* _INSTRUCTIONS TO FOLLOW_
The lines below starting at the line containing "(IsFor key c) log" and ending at the line containing "Run-IsOwnKey credentials now then_on (Run.duplicate" are to be repeated exactly, with both ends kept and nothing else added.

Stored items
++++++++++++++++++++

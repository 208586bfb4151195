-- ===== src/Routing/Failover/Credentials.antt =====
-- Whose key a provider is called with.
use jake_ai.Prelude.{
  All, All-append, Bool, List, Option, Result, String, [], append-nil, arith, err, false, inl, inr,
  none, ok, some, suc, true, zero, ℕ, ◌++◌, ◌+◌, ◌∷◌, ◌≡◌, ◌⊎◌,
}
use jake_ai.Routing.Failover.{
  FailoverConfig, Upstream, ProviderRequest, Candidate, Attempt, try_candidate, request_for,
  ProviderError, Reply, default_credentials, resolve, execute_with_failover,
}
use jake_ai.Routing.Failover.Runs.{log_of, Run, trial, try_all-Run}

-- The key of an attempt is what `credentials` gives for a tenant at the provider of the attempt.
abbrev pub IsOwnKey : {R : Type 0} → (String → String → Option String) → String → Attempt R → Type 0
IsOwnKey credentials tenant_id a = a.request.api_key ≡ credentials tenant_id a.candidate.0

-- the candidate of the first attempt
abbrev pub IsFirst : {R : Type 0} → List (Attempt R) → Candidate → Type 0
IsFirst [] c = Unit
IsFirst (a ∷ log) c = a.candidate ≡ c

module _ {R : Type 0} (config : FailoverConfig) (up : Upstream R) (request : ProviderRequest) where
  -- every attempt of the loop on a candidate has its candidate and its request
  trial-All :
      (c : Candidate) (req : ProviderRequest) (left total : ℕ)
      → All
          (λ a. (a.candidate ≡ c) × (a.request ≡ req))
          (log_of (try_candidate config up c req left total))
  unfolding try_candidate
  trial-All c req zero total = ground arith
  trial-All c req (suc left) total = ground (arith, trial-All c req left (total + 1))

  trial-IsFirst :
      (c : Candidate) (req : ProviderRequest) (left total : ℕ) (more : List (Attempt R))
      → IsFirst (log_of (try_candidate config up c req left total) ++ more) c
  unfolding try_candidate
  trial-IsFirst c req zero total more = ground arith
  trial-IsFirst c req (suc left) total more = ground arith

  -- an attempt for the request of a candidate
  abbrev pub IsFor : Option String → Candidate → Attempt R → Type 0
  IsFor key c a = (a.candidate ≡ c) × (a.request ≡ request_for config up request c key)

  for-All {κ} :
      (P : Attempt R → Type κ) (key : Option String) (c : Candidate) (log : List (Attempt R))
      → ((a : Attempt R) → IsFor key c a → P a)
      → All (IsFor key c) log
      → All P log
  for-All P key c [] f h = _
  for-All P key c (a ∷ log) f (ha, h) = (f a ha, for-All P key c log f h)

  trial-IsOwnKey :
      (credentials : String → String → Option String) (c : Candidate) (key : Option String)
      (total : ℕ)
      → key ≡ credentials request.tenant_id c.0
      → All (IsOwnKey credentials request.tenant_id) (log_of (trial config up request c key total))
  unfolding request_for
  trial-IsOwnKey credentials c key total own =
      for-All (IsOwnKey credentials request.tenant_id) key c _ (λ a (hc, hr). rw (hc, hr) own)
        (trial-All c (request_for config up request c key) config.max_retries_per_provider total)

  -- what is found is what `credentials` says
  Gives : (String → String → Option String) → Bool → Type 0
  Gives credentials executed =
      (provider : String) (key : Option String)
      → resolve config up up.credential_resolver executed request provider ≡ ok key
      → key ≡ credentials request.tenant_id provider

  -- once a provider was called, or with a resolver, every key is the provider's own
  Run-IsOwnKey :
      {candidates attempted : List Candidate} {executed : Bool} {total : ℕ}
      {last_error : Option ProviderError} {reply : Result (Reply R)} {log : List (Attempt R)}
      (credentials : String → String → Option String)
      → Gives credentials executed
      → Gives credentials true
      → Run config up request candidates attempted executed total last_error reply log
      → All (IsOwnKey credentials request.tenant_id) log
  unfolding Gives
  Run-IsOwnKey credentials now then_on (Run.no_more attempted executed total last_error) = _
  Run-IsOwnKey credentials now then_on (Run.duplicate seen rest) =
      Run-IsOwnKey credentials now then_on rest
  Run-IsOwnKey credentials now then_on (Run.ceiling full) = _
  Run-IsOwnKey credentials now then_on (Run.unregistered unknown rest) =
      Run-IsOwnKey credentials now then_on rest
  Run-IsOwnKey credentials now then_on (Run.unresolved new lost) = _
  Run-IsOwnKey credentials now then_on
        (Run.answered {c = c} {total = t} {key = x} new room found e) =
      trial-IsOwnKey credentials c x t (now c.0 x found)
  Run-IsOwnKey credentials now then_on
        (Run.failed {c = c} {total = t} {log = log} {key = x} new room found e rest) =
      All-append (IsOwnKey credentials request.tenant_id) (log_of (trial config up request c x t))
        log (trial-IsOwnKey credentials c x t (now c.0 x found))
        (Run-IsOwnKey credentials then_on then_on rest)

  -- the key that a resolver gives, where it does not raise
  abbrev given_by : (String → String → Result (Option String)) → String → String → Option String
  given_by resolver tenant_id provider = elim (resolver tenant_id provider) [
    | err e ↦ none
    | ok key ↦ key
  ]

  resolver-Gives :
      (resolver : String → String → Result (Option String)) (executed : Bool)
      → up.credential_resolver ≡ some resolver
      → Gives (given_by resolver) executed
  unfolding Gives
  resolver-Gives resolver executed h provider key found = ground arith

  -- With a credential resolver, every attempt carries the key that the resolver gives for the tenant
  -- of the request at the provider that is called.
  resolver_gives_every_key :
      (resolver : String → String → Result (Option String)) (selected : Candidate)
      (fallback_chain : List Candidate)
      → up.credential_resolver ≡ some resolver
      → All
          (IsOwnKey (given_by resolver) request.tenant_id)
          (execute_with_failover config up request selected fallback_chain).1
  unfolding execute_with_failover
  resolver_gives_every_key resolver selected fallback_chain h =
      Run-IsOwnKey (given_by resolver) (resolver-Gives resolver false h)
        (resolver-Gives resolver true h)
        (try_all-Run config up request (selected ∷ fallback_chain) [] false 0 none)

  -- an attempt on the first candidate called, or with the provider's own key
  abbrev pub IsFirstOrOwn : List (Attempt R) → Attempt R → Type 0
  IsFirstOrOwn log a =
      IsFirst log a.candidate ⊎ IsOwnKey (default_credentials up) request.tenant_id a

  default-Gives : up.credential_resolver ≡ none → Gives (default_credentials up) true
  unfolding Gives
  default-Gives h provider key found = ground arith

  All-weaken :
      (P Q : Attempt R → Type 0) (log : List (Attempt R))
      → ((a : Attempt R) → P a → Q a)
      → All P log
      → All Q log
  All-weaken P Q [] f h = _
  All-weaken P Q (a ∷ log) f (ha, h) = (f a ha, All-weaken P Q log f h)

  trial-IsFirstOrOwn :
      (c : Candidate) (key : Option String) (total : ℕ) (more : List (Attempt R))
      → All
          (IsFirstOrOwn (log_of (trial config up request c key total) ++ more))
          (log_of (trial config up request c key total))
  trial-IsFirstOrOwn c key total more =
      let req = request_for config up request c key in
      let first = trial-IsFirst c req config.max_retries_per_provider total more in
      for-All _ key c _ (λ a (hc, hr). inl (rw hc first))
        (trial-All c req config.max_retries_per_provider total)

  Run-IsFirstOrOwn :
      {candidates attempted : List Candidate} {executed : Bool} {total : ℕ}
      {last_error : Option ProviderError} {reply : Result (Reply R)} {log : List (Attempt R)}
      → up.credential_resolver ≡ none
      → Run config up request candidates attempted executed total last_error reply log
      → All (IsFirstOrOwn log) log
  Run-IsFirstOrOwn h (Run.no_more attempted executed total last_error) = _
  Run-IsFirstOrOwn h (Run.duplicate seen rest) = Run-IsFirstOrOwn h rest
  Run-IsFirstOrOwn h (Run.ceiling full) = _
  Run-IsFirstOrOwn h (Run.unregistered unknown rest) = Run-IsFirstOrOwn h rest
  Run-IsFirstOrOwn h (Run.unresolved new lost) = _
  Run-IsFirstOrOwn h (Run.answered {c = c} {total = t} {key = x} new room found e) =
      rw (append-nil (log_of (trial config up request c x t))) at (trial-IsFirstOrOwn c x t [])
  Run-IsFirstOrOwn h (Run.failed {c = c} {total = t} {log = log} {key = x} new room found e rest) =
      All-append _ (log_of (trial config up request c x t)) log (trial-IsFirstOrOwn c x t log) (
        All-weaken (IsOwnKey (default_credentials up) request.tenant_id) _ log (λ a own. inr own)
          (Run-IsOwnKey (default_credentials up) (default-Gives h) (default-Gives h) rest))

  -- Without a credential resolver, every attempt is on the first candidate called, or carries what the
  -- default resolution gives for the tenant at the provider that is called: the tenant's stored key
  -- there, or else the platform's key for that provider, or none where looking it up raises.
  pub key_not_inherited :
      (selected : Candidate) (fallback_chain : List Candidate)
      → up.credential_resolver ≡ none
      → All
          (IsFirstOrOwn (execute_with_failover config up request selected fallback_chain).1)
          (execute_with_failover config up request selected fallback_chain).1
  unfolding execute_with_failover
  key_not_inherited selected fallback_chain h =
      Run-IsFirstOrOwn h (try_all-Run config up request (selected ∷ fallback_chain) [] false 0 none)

++++++++++++++++++++

* _TASK OUTPUT_
      → All (IsFor key c) log
      → All P log
  for-All P key c [] f h = _
  for-All P key c (a ∷ log) f (ha, h) = (f a ha, for-All P key c log f h)

  trial-IsOwnKey :
      (credentials : String → String → Option String) (c : Candidate) (key : Option String)
      (total : ℕ)
      → key ≡ credentials request.tenant_id c.0
      → All (IsOwnKey credentials request.tenant_id) (log_of (trial config up request c key total))
  unfolding request_for
  trial-IsOwnKey credentials c key total own =
      for-All (IsOwnKey credentials request.tenant_id) key c _ (λ a (hc, hr). rw (hc, hr) own)
        (trial-All c (request_for config up request c key) config.max_retries_per_provider total)

  -- what is found is what `credentials` says
  Gives : (String → String → Option String) → Bool → Type 0
  Gives credentials executed =
      (provider : String) (key : Option String)
      → resolve config up up.credential_resolver executed request provider ≡ ok key
      → key ≡ credentials request.tenant_id provider

  -- once a provider was called, or with a resolver, every key is the provider's own
  Run-IsOwnKey :
      {candidates attempted : List Candidate} {executed : Bool} {total : ℕ}
      {last_error : Option ProviderError} {reply : Result (Reply R)} {log : List (Attempt R)}
      (credentials : String → String → Option String)
      → Gives credentials executed
      → Gives credentials true
      → Run config up request candidates attempted executed total last_error reply log
      → All (IsOwnKey credentials request.tenant_id) log
  unfolding Gives
  Run-IsOwnKey credentials now then_on (Run.no_more attempted executed total last_error) = _
  Run-IsOwnKey credentials now then_on (Run.duplicate seen rest) =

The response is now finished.